Part of Hereditary’s success is in the way that it focuses first and foremost on being an effective scare. It’s a welcome surprise that it’s such a well-acted depiction of grief, guilt, and family, and these emotional beats only up the tension. As the young girl who is initially at the center of the story, Milly Shapiro manages to be so off-putting that early audiences balked. Supporting turns from Ann Dowd and Gabriel Byrne are dutiful in roles that are requisite for horror, but each manages to craft a person out of a trope.
However, credit must go to Toni Collette and Alex Wolff playing a mother and son increasingly at odds but on a collision course. Wolff plays his character as a paranoid bomb of puberty and dread, his body and face struggling to contain an insurmountable horror he can only barely recognize. But it’s Collette, in a role that serves as a twisted companion to her breakout in The Sixth Sense, that drives Hereditary. Her sadness and anger resonate so strongly that her performance lingers as much as the headless and headbanging horror imagery.
6. If Beale Street Could Talk
Barry Jenkins could be forgiven for sweating his follow-up to Moonlight.
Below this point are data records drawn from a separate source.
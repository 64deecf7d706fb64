-- ===== src/TimeZone/UtcTime.antt =====
-- The round trips of `toUtcTime` and `fromUtcTime` in base/TimeZone.cc.
use libanet.Common.{ℕ, ◌+◌, ◌*◌, ◌/◌, ◌%◌, ◌≤◌, ◌<◌, ◌≡◌, refl, sym, ap, ap₂, ◌∙◌, some, arith}
use libanet.Common.Int.{
  ℤ, pos, ◌+ℤ◌, ◌-ℤ◌, ◌*ℤ◌, ◌≤ℤ◌, ◌<ℤ◌, pos_part, neg_part, int_laws, +ℤ_parts, pos-add, pos-mul,
}
use libanet.Common.Ints.{IsInt, is_int-IsInt, one_part}
use libanet.Common.Options.{◌>>=◌}
use libanet.Date.{date, year_month_day, julian_day_of_1970_01_01}
use libanet.Date.Bounds.{difference}
use libanet.Date.Calendar.{IsDate, civil}
use libanet.Date.Exact.{count_date, day_count, count_civil-day_count}
use libanet.Date.RoundTrip.{date-year_month_day, date-count, year_month_day-count, day_count_bound}
use libanet.TimeZone.SplitDay.{
  mul_parts, IsMoment, divide_day-IsMoment, divide_day_whole, split_day-divide_day,
}
use libanet.TimeZone.{DateTime, fill_hms, split_day, break_time, to_utc_time, from_utc_time}

epoch : julian_day_of_1970_01_01 ≡ pos 2440588
unfolding julian_day_of_1970_01_01 ◌+ℤ◌ ◌-ℤ◌ ◌*ℤ◌
epoch = refl

-- Proleptic Gregorian dates begin with January 1st of the year -4799.
abbrev pub first_moment : ℤ
first_moment = pos 0 -ℤ pos (2472326 * 86400)

-- The first second of a day of which the code does not find the date.
abbrev pub first_overflow : ℤ
first_overflow = pos (534398280 * 86400)

-- Day 0 of the calendar is March 1st of the year -4800, and 1970 begins with day 2472632.
abbrev day_of : ℤ → ℕ
day_of days = pos_part (days +ℤ pos 2472632)

-- A date and time as `from_utc_time` takes it: `y` counts from the year -4800.
abbrev pub civil_time : (y m d h min s : ℕ) → DateTime
civil_time y m d h min s = record {
  year = pos y -ℤ pos 4800;
  month = pos m;
  day = pos d;
  hour = pos h;
  minute = pos min;
  second = pos s;
}

abbrev second_of_day : ℕ → ℕ → ℕ → ℕ
second_of_day h min s = h * 3600 + min * 60 + s

-- The days since 1970 of a day of the calendar.
abbrev days_of : ℕ → ℤ
days_of q = pos q -ℤ pos 32044 -ℤ pos 2440588

from_utc_time-civil :
    (y m d h min s q : ℕ)
    → date (pos y -ℤ pos 4800) (pos m) (pos d) ≡ some (count_date q)
    → q ≤ 536870911
    → h < 24
    → min < 60
    → s < 60
    → from_utc_time (civil_time y m d h min s)
      ≡ some (days_of q *ℤ pos 86400 +ℤ pos (second_of_day h min s))
unfolding from_utc_time
from_utc_time-civil y m d h min s q e k hh hm hs =
    let hours : IsInt (pos (h * 3600)) = (omega arith, omega arith) in
    let minutes : IsInt (pos (min * 60)) = (omega arith, omega arith) in
    let both : IsInt (pos (h * 3600 + min * 60)) = (omega arith, omega arith) in
    let all : IsInt (pos (second_of_day h min s)) = (omega arith, omega arith) in
    let o = one_part (days_of q) in
    let days : IsInt (days_of q) = (omega (int_laws, k, o), omega (int_laws, k, o)) in
    rw
      (
        e,
        epoch,
        pos-mul h 3600,
        pos-mul min 60,
        pos-add (h * 3600) (min * 60),
        pos-add (h * 3600 + min * 60) s,
        is_int-IsInt (pos (h * 3600)) hours,
        is_int-IsInt (pos (min * 60)) minutes,
        is_int-IsInt (pos (h * 3600 + min * 60)) both,
        is_int-IsInt (pos (second_of_day h min s)) all,
        is_int-IsInt (days_of q) days,
      )
      refl

-- What `break_time` makes of a day and its second.
break_time-civil :
    (t days : ℤ) (s q y m d : ℕ)
    → split_day t ≡ some (days, pos s)
    → days +ℤ pos 2440588 ≡ pos q -ℤ pos 32044
    → q ≤ 536870911
    → year_month_day (count_date q) ≡ some (civil y m d)
    → to_utc_time t ≡ some (civil_time y m d (s / 60 / 60) (s / 60 % 60) (s % 60))
unfolding to_utc_time break_time fill_hms
break_time-civil t days s q y m d e n k found =
    rw
      (
        e,
        epoch,
        n,
        is_int-IsInt (pos q -ℤ pos 32044) (difference q 32044 (omega (arith, k)) (omega arith)),
        found,
      )
      refl

day_of-count :
    (days : ℤ)
    → pos 0 -ℤ pos 2472326 ≤ℤ days
    → days ≤ℤ pos 534398279
    → (306 ≤ day_of days)
      × (day_of days ≤ 536870911)
      × (days +ℤ pos 2440588 ≡ pos (day_of days) -ℤ pos 32044)
day_of-count days h k =
    let o = one_part (days +ℤ pos 2472632) in
    (omega int_laws, omega (int_laws, o), omega (int_laws, o))

in_range :
    (t days : ℤ) (s : ℕ)
    → IsMoment t days s
    → first_moment ≤ℤ t
    → t <ℤ first_overflow
    → (pos 0 -ℤ pos 2472326 ≤ℤ days) × (days ≤ℤ pos 534398279)
in_range t days s p h k =
    let parts = mul_parts days 86400 in
    let sum = +ℤ_parts (days *ℤ pos 86400) (pos s) in
    let above = ap pos_part p.whole in
    let below = ap neg_part p.whole in
    let s_below = p.below in
    (
      omega (int_laws, parts, sum, above, below, s_below),
      omega (int_laws, parts, sum, above, below, s_below),
    )

seconds_since_1970 :
    (days : ℤ) (s q : ℕ)
    → days +ℤ pos 2440588 ≡ pos q -ℤ pos 32044
    → days_of q *ℤ pos 86400 +ℤ pos (second_of_day (s / 60 / 60) (s / 60 % 60) (s % 60))
      ≡ days *ℤ pos 86400 +ℤ pos s
seconds_since_1970 days s q e = ap₂ (λ d n. d *ℤ pos 86400 +ℤ pos n) day (omega arith)
  where
    day : days_of q ≡ days
    day = omega (int_laws, ap pos_part e, ap neg_part e)

-- From January 1st of the year -4799 up to the end of the day that is 534398279 days after January
-- 1st of 1970, no int overflows, and the seconds that `from_utc_time` counts for the date and time that
-- `to_utc_time` finds are those that it was given.
pub from_utc_time-to_utc_time :
    (t : ℤ) → first_moment ≤ℤ t → t <ℤ first_overflow → (to_utc_time t >>= from_utc_time) ≡ some t
from_utc_time-to_utc_time t h k =
    let (days, s, p) = divide_day-IsMoment t in
    let (low, high) = in_range t days s p h k in
    let (first, last, count) = day_of-count days low high in
    let q = day_of days in
    let (y, m, d, v, found, day) = date-year_month_day q first last in
    let below = p.below in
    let o = one_part t in
    let split : split_day t ≡ some (days, pos s) =
      split_day-divide_day t (omega (int_laws, k, o)) (omega (int_laws, h, o)) ∙ ap some p.parts in
    rw
      (
        break_time-civil t days s q y m d split count last found,
        from_utc_time-civil y m d (s / 60 / 60) (s / 60 % 60) (s % 60) q day last (omega arith)
            (omega arith) (omega arith),
      )
      (ap some (seconds_since_1970 days s q count ∙ sym p.whole))

-- The moment that a date and a time stand for.
moment : ℕ → ℕ → ℤ
moment q n = days_of q *ℤ pos 86400 +ℤ pos n

split_moment :
    (q n : ℕ) → q ≤ 536870911 → n < 86400 → split_day (moment q n) ≡ some (days_of q, pos n)
unfolding moment
split_moment q n k h =
    let parts = mul_parts (days_of q) 86400 in
    let o = one_part (days_of q) in
    let sum = one_part (moment q n) in
    split_day-divide_day (moment q n) (omega (int_laws, parts, o, sum))
      (omega (int_laws, parts, o, sum))
    ∙ ap some (divide_day_whole (days_of q) n h)

-- For a date of the calendar from the year -4799 to 1464200 with a time of the day, no int overflows,
-- and `to_utc_time` finds the date and the time again from the seconds that `from_utc_time` counts.
pub to_utc_time-from_utc_time :
    (y m d h min s : ℕ)
    → IsDate y m d
    → y ≤ 1469000
    → h < 24
    → min < 60
    → s < 60
    → (from_utc_time (civil_time y m d h min s) >>= to_utc_time) ≡ some (civil_time y m d h min s)
unfolding moment
to_utc_time-from_utc_time y m d h min s v k hh hm hs =
    let q = day_count y m d in
    let n = second_of_day h min s in
    let last : q ≤ 536870911 = day_count_bound y m d v k in
    let found : year_month_day (count_date q) ≡ some (civil y m d) =
      year_month_day-count q last ∙ ap some (count_civil-day_count y m d v) in
    let hour : n / 60 / 60 ≡ h = omega arith in
    let minute : n / 60 % 60 ≡ min = omega arith in
    let second : n % 60 ≡ s = omega arith in
    let count : days_of q +ℤ pos 2440588 ≡ pos q -ℤ pos 32044 = forth (pos q -ℤ pos 32044) in
    rw
      (
        from_utc_time-civil y m d h min s q (date-count y m d v (omega arith)) last hh hm hs,
        break_time-civil (moment q n) (days_of q) n q y m d (split_moment q n last (omega arith))
            count last found,
        hour,
        minute,
        second,
      )
      refl
  where
    forth : (a : ℤ) → a -ℤ pos 2440588 +ℤ pos 2440588 ≡ a
    forth a = omega int_laws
His second film won the best picture Oscar and established Jenkins as an auteur-on-the-rise, so expectations post-Moonlight were sky high, and it’s not uncommon for director’s to choke against such lofty anticipation.
Yet with his third feature, If Beale Street Could Talk, Jenkins has shown himself to be an independent filmmaker in the truest sense: he tells often ignored stories with a voice that is both unique and informed by his influences. Beale Street, which Jenkins started on before Moonlight, is based on the James Baldwin novel and tells a story that is unfortunately still relevant.
Fonny and Tish are lifelong friends and lovers whose life together is destroyed when Fonny is accused (falsely) of a crime. Newcomer Kiki Layne and rising star Stephan James (Race, Homecoming) play the young couple, but Jenkins fills every frame with images and sounds that drive home the love and agony that defines the characters’ world.
Cinematographer James Laxton uses closeups to bring the audience into the characters’ souls, and actors like Brian Tyree Henry and Dave Franco pop in to deliver sometimes heart-breaking and sometimes curious commentary on the nature of love and society. While some viewers felt jolted out of the narrative by some of these cameos and Jenkins stylistic flourishes, the film onscreen is a beautifully told story inspired by an important voice and visualized by one of the most exciting filmmakers alive.